# Serbian (BCS): Bečlijka



## reka

Hello,

citizen of which country, or inhabitant of which city or region is "Bečlijka"?

Or maybe it is none of the above? In short - what is Bečlijka? I have no clue whatsoever!

Thanks for your help!


----------



## TriglavNationalPark

Wait for confirmation from our Serbian members, but since *Beč* = Vienna in Serbian, I'm almost certain that the word refers to a woman from Vienna (*Dunajčanka* in Slovenian). A Google search seems to confirm this.


----------



## Christo Tamarin

reka said:


> Hello,
> 
> citizen of which country, or inhabitant of which city or region is "Bečlijka"?
> 
> Or maybe it is none of the above? In short - what is Bečlijka? I have no clue whatsoever!
> 
> Thanks for your help!



Vienna, Vienna.


----------



## phosphore

TriglavNationalPark said:


> Wait for confirmation from our Serbian members, but since *Beč* = Vienna in Serbian, I'm almost certain that the word refers to a woman from Vienna (*Dunajčanka* in Slovenian). A Google search seems to confirm this.


 
That's right.
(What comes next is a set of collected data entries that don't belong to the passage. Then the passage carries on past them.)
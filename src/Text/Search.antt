-- ===== src/Text/Search.antt =====
-- What `find` tells of a text: what stands where it points, and what does not stand before.
use bbtidy.Base.{
  ℕ, zero, suc, ◌+◌, ◌≡◌, refl, sym, subst, ap, ◌∙◌, Option, none, some, false, [], ◌∷◌, ◌++◌,
  length, take, drop, is_some, ◌==◌, Bool-cases, Option-cases, inl, inr, arith,
}
use bbtidy.Text.Defs.{Text, strip_prefix, starts_with, find, find_byte}
use bbtidy.Text.Laws.{Option-map-some, strip_prefix-some}

pub find_byte-drop : (s : Text) (b k : ℕ) → find_byte s b ≡ some k → drop k s ≡ b ∷ drop (k + 1) s
unfolding find_byte
find_byte-drop [] b k h = cc
find_byte-drop (x ∷ s) b k h = elim (Bool-cases (x == b)) [
  | inl same ↦ ground arith
  | inr other ↦
      let (j, e, f) = Option-map-some suc (find_byte s b) (rw other at h) in
      ap (λ (i : ℕ). drop i (x ∷ s)) (sym f)
      ∙ find_byte-drop s b j e
      ∙ ap (λ (i : ℕ). b ∷ drop i (x ∷ s)) {x = suc (j + 1)} (omega (arith, f))
]

pub find_byte-take : (s : Text) (b k : ℕ) → find_byte s b ≡ some k → find_byte (take k s) b ≡ none
unfolding find_byte
find_byte-take [] b k h = cc
find_byte-take (x ∷ s) b k h = elim (Bool-cases (x == b)) [
  | inl same ↦ ground arith
  | inr other ↦
      let (j, e, f) = Option-map-some suc (find_byte s b) (rw other at h) in
      ap (λ (i : ℕ). find_byte (take i (x ∷ s)) b) (sym f)
      ∙ rw other (rw (find_byte-take s b j e) refl)
]

drop-append : (p r : Text) → drop (length p) (p ++ r) ≡ r
drop-append [] r = refl
drop-append (x ∷ p) r = drop-append p r

starts_with-take : (n : ℕ) (s p : Text) → starts_with s p ≡ false → starts_with (take n s) p ≡ false
unfolding strip_prefix
starts_with-take n [] [] h = cc
starts_with-take n (x ∷ s) [] h = cc
starts_with-take zero [] (y ∷ p) h = refl
starts_with-take zero (x ∷ s) (y ∷ p) h = refl
starts_with-take (suc n) [] (y ∷ p) h = refl
starts_with-take (suc n) (x ∷ s) (y ∷ p) h = elim (Bool-cases (x == y)) [
  | inl same ↦ rw same (starts_with-take n s p (rw same at h))
  | inr other ↦ rw other refl
]

module _ (y : ℕ) (p : Text) where
  pub find-drop :
      (s : Text) (k : ℕ)
      → find s (y ∷ p) ≡ some k
      → drop k s ≡ (y ∷ p) ++ drop (k + length (y ∷ p)) s
  unfolding find
  find-drop [] k h = cc
  find-drop (x ∷ s) k h = elim (Option-cases (strip_prefix (x ∷ s) (y ∷ p))) [
    | inr (r, here) ↦
        let q = strip_prefix-some (x ∷ s) (y ∷ p) r here in
        let z : ◌≡◌ {A = Option ℕ} (some 0) (some k) = rw here at h in
        let first : 0 ≡ k = cc in
        subst (λ (i : ℕ). drop i (x ∷ s) ≡ (y ∷ p) ++ drop (i + length (y ∷ p)) (x ∷ s)) first
          (q
            ∙ ap (◌++◌ (y ∷ p)) (sym (ap (drop (length (y ∷ p))) q ∙ drop-append (y ∷ p) r))
            ∙ ap (λ (i : ℕ). (y ∷ p) ++ drop i (x ∷ s)) {x = length (y ∷ p)} (omega arith))
    | inl elsewhere ↦
        let (j, e, f) = Option-map-some suc (find s (y ∷ p)) (rw elsewhere at h) in
        ap (λ (i : ℕ). drop i (x ∷ s)) (sym f)
        ∙ find-drop s j e
        ∙ ap (λ (i : ℕ). (y ∷ p) ++ drop i (x ∷ s)) {x = suc (j + length (y ∷ p))}
            (omega (arith, f))
  ]

  pub find-take : (s : Text) (k : ℕ) → find s (y ∷ p) ≡ some k → find (take k s) (y ∷ p) ≡ none
  unfolding find
  find-take [] k h = cc
  find-take (x ∷ s) k h = elim (Option-cases (strip_prefix (x ∷ s) (y ∷ p))) [
    | inr (r, here) ↦
        let z : ◌≡◌ {A = Option ℕ} (some 0) (some k) = rw here at h in
        let first : 0 ≡ k = cc in subst (λ (i : ℕ). find (take i (x ∷ s)) (y ∷ p) ≡ none) first refl
    | inl elsewhere ↦
        let (j, e, f) = Option-map-some suc (find s (y ∷ p)) (rw elsewhere at h) in
        let differs : starts_with (take (suc j) (x ∷ s)) (y ∷ p) ≡ false =
          starts_with-take (suc j) (x ∷ s) (y ∷ p) (ap is_some elsewhere) in
        subst (λ (i : ℕ). find (take i (x ∷ s)) (y ∷ p) ≡ none) f
          (rw differs (rw (find-take s j e) refl))
  ]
Beč = Vienna, Bečlija = Viennese (male), Bečlijka = Viennese (female).


----------



## Duya

Though it's funny how we plant suffix -lija of Turkish origin to a word of Hungarian origin, (and present the end result as authentically Serbian, as with many meals  )


----------



## Christo Tamarin

Duya said:


> Though it's funny how we plant suffix -lija of Turkish origin to a word of Hungarian origin, (and present the end result as authentically Serbian, as with many meals  )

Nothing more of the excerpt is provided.